[Dataset entries]
----------
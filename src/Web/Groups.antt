-- ===== src/Web/Groups.antt =====
-- `resolveBaseURL`, `ListGroups`, `PreviewGroup`, `CreateGroup`, `CreateSpliitGroup`, `UpdateGroup` and
-- `DeleteGroup` of internal/handlers/api.go.
pub mod Own
pub mod Suggestion
use Prim.Native.Nat.{◌+◌, zero, suc}
use spliit_mcp.Prelude.{
  ℕ, String, Bool, true, false, not, List, [], ◌∷◌, Option, none, some, map, ◌==◌, eqb, ltb,
  if◌then◌else◌,
}
use spliit_mcp.Text.{trim_space, is_blank, equal_fold, trim_right_slashes}
use spliit_mcp.Spliit.Links.{derive_base_url, web_url, host_of, extract_group_id}
use spliit_mcp.Store.Rows
use spliit_mcp.Store.Rows.{User, Db, Result, ok, err, StoreError, not_found, conflict}
use spliit_mcp.Store.Groups
use spliit_mcp.Store.Groups.{list_groups}
use spliit_mcp.Spliit.Model.{Participant, Group, GroupForm}
use spliit_mcp.Spliit.Participants.{find_participant, find_participant_by_name, present}
use spliit_mcp.Tools.World
use spliit_mcp.Tools.World.{Env, World, Action, lift, read, write, send}
use spliit_mcp.Tools.Clients
use spliit_mcp.Tools.Groups.{new_row}
use spliit_mcp.Web.Reply.{
  Response, GroupView, Preview, Body, error, short_name, alias_taken, groups_body, preview_body,
  group_body, empty, Step, go, halt, Handler, ◌>>=◌, pure, answer, stored, body_or_bad, asked,
  internal_error, server_error,
}
use spliit_mcp.Web.Me.{group_missing}
use spliit_mcp.Web.NewGroup.{Built, built, refused, short_participant, short_group, build_new_form}

-- `resolveBaseURL`: the given URL, the one of the link, or the default.
unfoldable pub resolve_base_url : String → String → String → String
unfolding trim_right_slashes trim_space derive_base_url
resolve_base_url default_url given ref =
    let trimmed = trim_right_slashes (trim_space given) in
    let derived = derive_base_url ref in
    if not (trimmed == "") then trimmed else if not (derived == "") then derived else default_url

abbrev pub group_view : Rows.Group → GroupView
group_view g = record {
  group = g;
  host = host_of g.base_url;
  url = web_url g.base_url g.spliit_group_id;
  needs_setup = g.participant_id == "";
}

-- The group's ID of a request, which must not be empty.
unfoldable pub given_id : String → Handler String
unfolding extract_group_id trim_space
given_id ref =
    let id = extract_group_id (trim_space ref) in
    if id == "" then answer 400 (error "group_id must not be empty") else pure id

unfoldable pub participant_or_bad : Option Participant → Handler Participant
participant_or_bad none = answer 400 (error "that participant does not exist in this group")
participant_or_bad (some p) = pure p

-- The participants whose name is the user's, up to case and surrounding space.
unfoldable pub matching : (ℕ → ℕ) → String → List Participant → List Participant
unfolding equal_fold trim_space
matching fold name [] = []
matching fold name (p ∷ ps) =
    let rest = matching fold name ps in
    if equal_fold fold (trim_space p.name) (trim_space name) then p ∷ rest else rest

-- The suggestion, where exactly one participant matches.
abbrev pub only_id : List Participant → String
only_id (p ∷ []) = p.id
only_id ps = ""

abbrev pub is_several : List Participant → Bool
is_several (p ∷ (q ∷ ps)) = true
is_several ps = false

-- The body of CreateGroup; PreviewGroup has its first two fields.
pub record Joining : Type 0 where
  pub group_id : String
  pub base_url : String
  pub alias : String
  pub participant_id : String

-- The body of CreateSpliitGroup.
pub record NewGroup : Type 0 where
  pub base_url : String
  pub name : String
  pub currency : String
  pub alias : String
  pub participants : List String
  pub your_name : String

-- The body of UpdateGroup.
pub record GroupEdit : Type 0 where
  pub alias : Option String
  pub participant_id : Option String

abbrev pub conflict_or_internal : Body → StoreError → Response
conflict_or_internal body (conflict op) = record { status = 409; body = body }
conflict_or_internal body other = internal_error

abbrev pub filled : String → String → String
filled given fallback = if given == "" then fallback else given

unfoldable pub form_or_bad : Built → Handler GroupForm
form_or_bad (built form) = pure form
form_or_bad (refused (short_participant name)) = answer 400 (short_name name)
form_or_bad (refused short_group) =
    answer 400 (error "group name is too short; Spliit requires at least 2 characters")

-- The row with the alias that is asked for.
unfoldable pub with_alias : Option String → Rows.Group → Handler Rows.Group
unfolding trim_space
with_alias none row = pure row
with_alias (some given) row =
    if trim_space given == ""
    then answer 400 (error "alias must not be empty")
    else pure (record row { alias = trim_space given })

-- What UpdateGroup leaves in the row that it was given.
abbrev pub stamped : Rows.Group → Result (Unit {0}) × Db → Result Rows.Group × Db
stamped row (ok x, db) = (ok row, db)
stamped row (err x, db) = (err x, db)

module _ {D : Type 0} (env : Env D) (default_url : String) (user : User) where
  abbrev cannot_fetch : String
  cannot_fetch = "could not fetch that group: "

  -- `ListGroups`
  unfoldable pub list : Handler Response
  unfolding read list_groups stored
  list = do
    groups ← stored server_error (read env (λ fault db. list_groups env.engine fault db user.sub))
    pure (record { status = 200; body = groups_body (map group_view groups) })

  -- The preview of a group that was read.
  unfoldable pub preview_of : String → String → Group → Preview
  unfolding matching present host_of
  preview_of id base_url group =
      let matches = matching env.fold user.display_name (present group.participants) in
      record {
        group_id = id;
        base_url = base_url;
        host = host_of base_url;
        name = group.name;
        currency = group.currency;
        participants = present group.participants;
        suggested_participant = only_id matches;
        suggested_from_name = user.display_name;
        suggestion_is_ambiguous = is_several matches;
      }

  -- `PreviewGroup`, for the ID and the URL of the body.
  unfoldable pub preview : Option (String × String) → Handler Response
  unfolding resolve_base_url given_id Clients.get_group preview_of body_or_bad asked
  preview given = do
    (ref, url) ← body_or_bad given
    let base_url = resolve_base_url default_url url ref
    id ← given_id ref
    group ← asked cannot_fetch (Clients.get_group env base_url id)
    pure (record { status = 200; body = preview_body (preview_of id base_url group) })

  -- The insertion of a row, with the answer to a conflict.
  unfoldable pub insert : Body → Rows.Group → Handler Response
  unfolding write Groups.create_group stored
  insert taken row = do
    created ←
        stored (conflict_or_internal taken)
          (write env (λ fault now id db. Groups.create_group env.engine fault now id row db))
    pure (record { status = 201; body = group_body created })

  -- `CreateGroup`
  unfoldable pub create : Option Joining → Handler Response
  unfolding resolve_base_url given_id trim_space is_blank Clients.get_group find_participant insert
      body_or_bad participant_or_bad asked
  create given = do
    body ← body_or_bad given
    let base_url = resolve_base_url default_url body.base_url body.group_id
    id ← given_id body.group_id
    if is_blank body.participant_id
        then answer 400
            (error "participant_id is required: pick which participant is you in this group")
        else (do
          group ← asked cannot_fetch (Clients.get_group env base_url id)
          p ← participant_or_bad (find_participant group body.participant_id)
          insert (error "that group is already registered, or the alias is taken") (
              new_row user.sub base_url group (filled (trim_space body.alias) group.name) (some p)))

  -- `Clients.CreateGroup`
  unfoldable pub send_new : String → GroupForm → Action String
  unfolding send
  send_new base_url form =
      send env env.api.new_id (Clients.to_group env base_url "" (World.create_group form))

  -- CreateSpliitGroup from the sending of the form on.
  unfoldable pub create_and_join : String → String → String → GroupForm → Handler Response
  unfolding send_new Clients.get_group trim_space find_participant_by_name insert asked
  create_and_join base_url alias your_name form = do
    id ← asked "could not create the group: " (send_new base_url form)
    group ←
        asked "the group was created but could not be read back: "
          (Clients.get_group env base_url id)
    insert (alias_taken group.id) (
        new_row user.sub base_url group (filled (trim_space alias) group.name)
          (find_participant_by_name env.fold group your_name))

  -- `CreateSpliitGroup`
  unfoldable pub create_new : (String → String) → Option NewGroup → Handler Response
  unfolding trim_space resolve_base_url build_new_form create_and_join body_or_bad form_or_bad
  create_new lower given = do
    body ← body_or_bad given
    let your_name = filled (trim_space body.your_name) user.display_name
    if trim_space body.name == ""
        then answer 400 (error "name must not be empty")
        else if your_name == ""
        then answer 400 (error "set your name first, or pass your_name")
        else (do
          form ← form_or_bad (
              build_new_form lower (trim_space body.name) body.currency your_name body.participants)
          create_and_join (resolve_base_url default_url body.base_url "") body.alias your_name form)

  -- The row with the participant that is asked for, and with fresh copies of the group's fields.
  unfoldable pub with_participant : Option String → Rows.Group → Handler Rows.Group
  unfolding Clients.get_group find_participant asked participant_or_bad
  with_participant none row = pure row
  with_participant (some id) row = do
    group ← asked cannot_fetch (Clients.get_group env row.base_url row.spliit_group_id)
    p ← participant_or_bad (find_participant group id)
    pure (record row {
      participant_id = p.id;
      participant_name = p.name;
      group_name = group.name;
      currency = group.currency;
    })

  -- The row as the body of UpdateGroup changes it.
  unfoldable pub edited : GroupEdit → Rows.Group → Handler Rows.Group
  unfolding with_alias with_participant
  edited body existing = with_alias body.alias existing >>= with_participant body.participant_id

  -- The write of an edited row.
  unfoldable pub save : Rows.Group → Handler Response
  unfolding write Groups.update_group stored
  save row = do
    saved ← stored (conflict_or_internal (error "that alias is already taken")) (
        write env (λ fault now fresh db.
          stamped (record row { updated_at = now })
            (Groups.update_group env.engine fault now row db)))
    pure (record { status = 200; body = group_body saved })

  -- The row of an internal ID.
  unfoldable pub existing_row : String → Handler Rows.Group
  unfolding read Groups.get_group stored
  existing_row id =
      stored group_missing (read env (λ fault db. Groups.get_group fault db user.sub id))

  -- `UpdateGroup`, of the group with an internal ID.
  unfoldable pub update : String → Option GroupEdit → Handler Response
  unfolding existing_row edited save body_or_bad
  update id given = do
    body ← body_or_bad given
    existing ← existing_row id
    row ← edited body existing
    save row

  -- `DeleteGroup`
  unfoldable pub remove : String → Handler Response
  unfolding write Groups.delete_group stored
  remove id = do
    _ ←
        stored group_missing
          (write env (λ fault now fresh db. Groups.delete_group env.engine fault user.sub id db))
    pure (record { status = 204; body = empty })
----------
Task objective |
When you reach the line containing "preview given = do" in the data above, start copying exactly, and stop after the line containing "group is already".

Answer section |
  preview given = do
    (ref, url) ← body_or_bad given
    let base_url = resolve_base_url default_url url ref
    id ← given_id ref
    group ← asked cannot_fetch (Clients.get_group env base_url id)
    pure (record { status = 200; body = preview_body (preview_of id base_url group) })

  -- The insertion of a row, with the answer to a conflict.
  unfoldable pub insert : Body → Rows.Group → Handler Response
  unfolding write Groups.create_group stored
  insert taken row = do
    created ←
        stored (conflict_or_internal taken)
          (write env (λ fault now id db. Groups.create_group env.engine fault now id row db))
    pure (record { status = 201; body = group_body created })

  -- `CreateGroup`
  unfoldable pub create : Option Joining → Handler Response
  unfolding resolve_base_url given_id trim_space is_blank Clients.get_group find_participant insert
      body_or_bad participant_or_bad asked
  create given = do
    body ← body_or_bad given
    let base_url = resolve_base_url default_url body.base_url body.group_id
    id ← given_id body.group_id
    if is_blank body.participant_id
        then answer 400
            (error "participant_id is required: pick which participant is you in this group")
        else (do
          group ← asked cannot_fetch (Clients.get_group env base_url id)
          p ← participant_or_bad (find_participant group body.participant_id)
          insert (error "that group is already registered, or the alias is taken") (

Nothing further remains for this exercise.